To check whether MongoDB really applied an index filter for our query we can use the explain() method and check the indexFilterSet field. If it is set to true, that means MongoDB had applied index filter.
image

If we can change the comparision value for userID field’s $gte and for favDrink, then also our index filter will work.
Let’s examine:
db.users.find({"userID" : {"$gte": 1001}, "favDrink": "wine"}).sort({"city": 1})
image
[conn1] command test.users command: find { find: "users", filter: { userID: { $gte: 1001.0 }, favDrink: "wine" }, sort: { city: 1.0 } } planSummary: IXSCAN { userID: 1.0, favDrink: 1.0 } keysExamined:6 docsExamined:1 hasSortStage:1 cursorExhausted:1 keyUpdates:0 writeConflicts:0 numYields:0 nreturned:1 reslen:221
We can see that MongoDB used the index that we specified in the index filter definition. As changing the value does not change the query shape, so MongoDB used that index filter.
But if we change $gte to say $gt or $lt then our index filter will not work and MongoDB will again use the index { "userID" : 1, "city" : 1 }.
Let’s examine:
db.users.find({"userID" : {"$gt": 1003}, "favDrink": "beer"}).sort({"city": 1})
command test.users command: find { find: "users", filter: { userID: { $gt: 1003.0 }, favDrink: "beer" }, sort: { city: 1.0 } } planSummary: IXSCAN { userID: 1.0, city: 1.0 } keysExamined:4 docsExamined:4 hasSortStage:1 cursorExhausted:1 keyUpdates:0 writeConflicts:0 numYields:0 nreturned:2 reslen:342
From above log, we can see that MongoDB used the default index { userID: 1, city: 1 }, as changing $gte to $gt changed the query shape.
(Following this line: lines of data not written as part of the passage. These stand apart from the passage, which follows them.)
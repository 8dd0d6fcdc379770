-- ===== src/Quotes.antt =====
-- app/quotes/builder.py and repository.py: quotes, and the tool that makes one.
--
-- The prices and names of the products are parameters, and so are the identifier of a new row, whether
-- its insert succeeds, the making of the PDF, the model's text, and the texts of numbers. An amount of
-- a quote is a number of cents; a stored price is a decimal that is not negative. Decimals multiply
-- within 28 digits; the model is exact. The e-mail that is sent in the background is left out.
pub mod Laws
mod Tests
use makkays_chatbot.Prelude.{
  ℕ, ◌+◌, ◌*◌, String, List, [], ◌∷◌, ◌++◌, Bool, true, false, ◌&&◌, not, Option, none, some,
  is_some, all, length, leb, concat, ◌==◌, if◌then◌else◌,
}
use makkays_chatbot.Shared.{Uuid}
use makkays_chatbot.Session.Schemas.{Decimal, FactsSchema}
use makkays_chatbot.Planner.Rules.{quote_slots_complete}
use makkays_chatbot.SolutionBuilder.Bom.{quantize}
use makkays_chatbot.Tools.Schemas.{ToolExecutionResult, ExecutionContext, get_product_ids}

-- QuoteSlots; the budget is not used.
pub record QuoteSlots : Type 0 where
  pub company : String
  pub product_ids : List Uuid
  pub quantity : ℕ

pub record QuoteLineItem : Type 0 where
  pub product_id : Uuid
  pub name : String
  pub unit_price : ℕ
  pub quantity : ℕ
  pub subtotal : ℕ

pub record QuoteResult : Type 0 where
  pub quote_id : Uuid
  pub company : String
  pub line_items : List QuoteLineItem
  pub total : ℕ
  pub currency : String
  pub pdf_generated : Bool

-- A row of the table of quotes.
pub record Quote : Type 0 where
  pub id : Uuid
  pub company : String
  pub line_items : List QuoteLineItem
  pub total : ℕ
  pub currency : String
  pub has_pdf : Bool

-- A row of the table of prices.
pub record ProductPricing : Type 0 where
  pub unit_price : Decimal
  pub currency : String

-- `IncompleteQuoteSlotsError`, the `ValidationError` of a quantity of zero,
-- `PricingDataMissingError`, `QuoteCurrencyMismatchError`, and errors of the database or of the PDF.
pub data QuoteError : Type 0 where
  incomplete_slots invalid_slots currency_mismatch not_stored no_pdf : QuoteError
  pricing_missing : List Uuid → QuoteError

pub data Built (A : Type 0) : Type 0 where
  built : A → Built A
  refused : QuoteError → Built A

pub record Sources : Type 0 where
  pub price : Uuid → Option ProductPricing
  pub product_name : Uuid → Option String
  pub new_id : List Quote → Uuid
  pub inserts : List Quote → Bool
  pub makes_pdf : QuoteResult → Bool
  -- the content of the model's reply, `none` if the request failed
  pub narrates : QuoteResult → Option (Option String)
  pub amount_text : ℕ → String
  pub count_text : ℕ → String

abbrev slots_of : Option String → Option ℕ → List Uuid → Built QuoteSlots
slots_of (some company) (some quantity) ids =
    if leb 1 quantity
    then built (record { company = company; product_ids = ids; quantity = quantity })
    else refused invalid_slots
slots_of _ _ ids = refused incomplete_slots

abbrev complete_slots : FactsSchema → Option (List Uuid) → Built QuoteSlots
complete_slots facts none = refused incomplete_slots
complete_slots facts (some []) = refused incomplete_slots
complete_slots facts (some (id ∷ ids)) =
    if quote_slots_complete facts
    then slots_of facts.company facts.quantity (id ∷ ids)
    else refused incomplete_slots

-- _build_slots
unfoldable pub build_slots : FactsSchema → ExecutionContext → Built QuoteSlots
unfolding quote_slots_complete get_product_ids
build_slots facts context = complete_slots facts (get_product_ids context)

-- The sum of the subtotals.
abbrev pub total_of : List QuoteLineItem → ℕ
total_of [] = 0
total_of (item ∷ items) = item.subtotal + total_of items

module _ (sources : Sources) where
  open sources use {
    price, product_name, new_id, inserts, makes_pdf, narrates, amount_text, count_text,
  }

  abbrev or_id : Uuid → Option String → String
  or_id id none = id
  or_id id (some name) = name

  -- One line, with the amounts in cents.
  unfoldable pub line_item : ℕ → Uuid → ProductPricing → QuoteLineItem
  line_item quantity id pricing = record {
    product_id = id;
    name = or_id id (product_name id);
    unit_price = quantize pricing.unit_price.coefficient pricing.unit_price.scale;
    quantity = quantity;
    subtotal = quantize (pricing.unit_price.coefficient * quantity) pricing.unit_price.scale;
  }

  -- The products that have no price.
  abbrev add_missing : Uuid → Option ProductPricing → List Uuid → List Uuid
  add_missing id none rest = id ∷ rest
  add_missing id (some pricing) rest = rest

  abbrev pub missing_prices : List Uuid → List Uuid
  missing_prices [] = []
  missing_prices (id ∷ ids) = add_missing id (price id) (missing_prices ids)

  -- The rows of the prices, in the order of the products.
  abbrev add_priced :
      Uuid → Option ProductPricing → List (Uuid × ProductPricing) → List (Uuid × ProductPricing)
  add_priced id none rest = rest
  add_priced id (some pricing) rest = (id, pricing) ∷ rest

  abbrev pub priced_products : List Uuid → List (Uuid × ProductPricing)
  priced_products [] = []
  priced_products (id ∷ ids) = add_priced id (price id) (priced_products ids)

  abbrev pub line_items_of : ℕ → List (Uuid × ProductPricing) → List QuoteLineItem
  line_items_of quantity [] = []
  line_items_of quantity ((id, pricing) ∷ rest) =
      line_item quantity id pricing ∷ line_items_of quantity rest

  -- The one currency of all rows.
  abbrev one_currency : List (Uuid × ProductPricing) → Option String
  one_currency [] = none
  one_currency ((id, pricing) ∷ rest) =
      if all (λ row. row.1.currency == pricing.currency) rest then some pricing.currency else none

  -- QuoteRepository.create, and the result.
  unfoldable pub store_quote :
      QuoteSlots → List QuoteLineItem → String → List Quote → Built QuoteResult × List Quote
  store_quote slots items currency rows =
      let id = new_id rows in
      let total = total_of items in
      if inserts rows
      then (
        built (record {
          quote_id = id;
          company = slots.company;
          line_items = items;
          total = total;
          currency = currency;
          pdf_generated = false;
        }),
        rows
            ++ record {
              id = id;
              company = slots.company;
              line_items = items;
              total = total;
              currency = currency;
              has_pdf = false;
            }
              ∷ [],
      )
      else (refused not_stored, rows)

  abbrev with_currency :
      QuoteSlots
      → List (Uuid × ProductPricing)
      → Option String
      → List Quote
      → Built QuoteResult × List Quote
  with_currency slots priced none rows = (refused currency_mismatch, rows)
  with_currency slots priced (some currency) rows =
      store_quote slots (line_items_of slots.quantity priced) currency rows

  abbrev with_prices : QuoteSlots → List Uuid → List Quote → Built QuoteResult × List Quote
  with_prices slots [] rows =
      let priced = priced_products slots.product_ids in
      with_currency slots priced (one_currency priced) rows
  with_prices slots (id ∷ ids) rows = (refused (pricing_missing (id ∷ ids)), rows)

  abbrev with_slots : Built QuoteSlots → List Quote → Built QuoteResult × List Quote
  with_slots (refused e) rows = (refused e, rows)
  with_slots (built slots) rows = with_prices slots (missing_prices slots.product_ids) rows

  -- QuoteBuilder.build
  unfoldable pub build :
      FactsSchema → ExecutionContext → List Quote → Built QuoteResult × List Quote
  unfolding build_slots store_quote line_item
  build facts context rows = with_slots (build_slots facts context) rows

  -- deterministic_summary
  unfoldable pub deterministic_summary : QuoteResult → String
  deterministic_summary quote = concat (
      "Quote "
      ∷ quote.quote_id
      ∷ " for "
      ∷ quote.company
      ∷ ": "
      ∷ quote.currency
      ∷ " "
      ∷ amount_text quote.total
      ∷ " across "
      ∷ count_text (length quote.line_items)
      ∷ " line item(s)."
      ∷ [])

  abbrev or_summary : QuoteResult → Option (Option String) → String
  or_summary quote none = deterministic_summary quote
  or_summary quote (some none) = deterministic_summary quote
  or_summary quote (some (some text)) = if text == "" then deterministic_summary quote else text

  -- save_pdf
  abbrev save_pdf : Uuid → List Quote → List Quote
  save_pdf id [] = []
  save_pdf id (row ∷ rows) =
      let rest = save_pdf id rows in
      if row.id == id then record row { has_pdf = true } ∷ rest else row ∷ rest

  abbrev after_build : Built QuoteResult × List Quote → Built ToolExecutionResult × List Quote
  after_build (refused e, rows) = (refused e, rows)
  after_build (built quote, rows) =
      let with_pdf = record quote { pdf_generated = true } in
      if makes_pdf quote
      then (
        built (record {
          step = "generate_quote";
          success = true;
          result_summary = or_summary with_pdf (narrates with_pdf);
          error = none;
          product_ids = none;
        }),
        save_pdf quote.quote_id rows,
      )
      else (refused no_pdf, rows)

  -- What is committed: nothing of a call that raises.
  abbrev committed :
      List Quote → Built ToolExecutionResult × List Quote → Built ToolExecutionResult × List Quote
  committed before (built result, rows) = (built result, rows)
  committed before (refused e, rows) = (refused e, before)

  -- generate_quote_tool
  unfoldable pub generate_quote_tool :
      FactsSchema → ExecutionContext → List Quote → Built ToolExecutionResult × List Quote
  unfolding build deterministic_summary
  generate_quote_tool facts context rows = committed rows (after_build (build facts context rows))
Now let’s examine if providing a hint for a query works, if we have index filter in place for that query:
 db.users.find({"userID" : {"$gte": 1001}, "favDrink": "wine"}).sort({"city": 1}).hint({ userID: 1, city: 1 })
We provided the { userID: 1, city: 1 } index as a hint to our query.
[conn1] command test.users command: find { find: "users", filter: { userID: { $gte: 1001.0 }, favDrink: "wine" }, sort: { city: 1.0 }, hint: { userID: 1.0, city: 1.0 } } planSummary: IXSCAN { userID: 1.0, favDrink: 1.0 } keysExamined:6 docsExamined:1 hasSortStage:1 cursorExhausted:1 keyUpdates:0 writeConflicts:0 numYields:0 nreturned:1 reslen:221
From the log, it is clear that MongoDB used the { userID: 1, favDrink: 1 } index, it did not consider the index { userID: 1, city: 1 } that we specified in the hint.


We can use the planCacheListFilters command to get the list of index filters for a given collection:
db.runCommand( { planCacheListFilters : "users" })
image

Also we can run the planCacheClearFilters command to remove a specific index filter or all the index filters in a collection. To remove a specific index filter we have to specify the query shape. For our example:
db.runCommand(
{
    planCacheClearFilters: "users",
    "query" : {"userID" : {"$gte" : 1003},"favDrink" : "beer"},
    "sort": {"city" : 1},
    "projection": {}
} )
image
To clear all index filters on a collection, just omit the query shape in the planCacheClearFilters command:
db.runCommand({planCacheClearFilters: "users"})
image
Index filter is a very nice tool for optimizing MongoDB experience, so try it out and enjoy Thumbs up.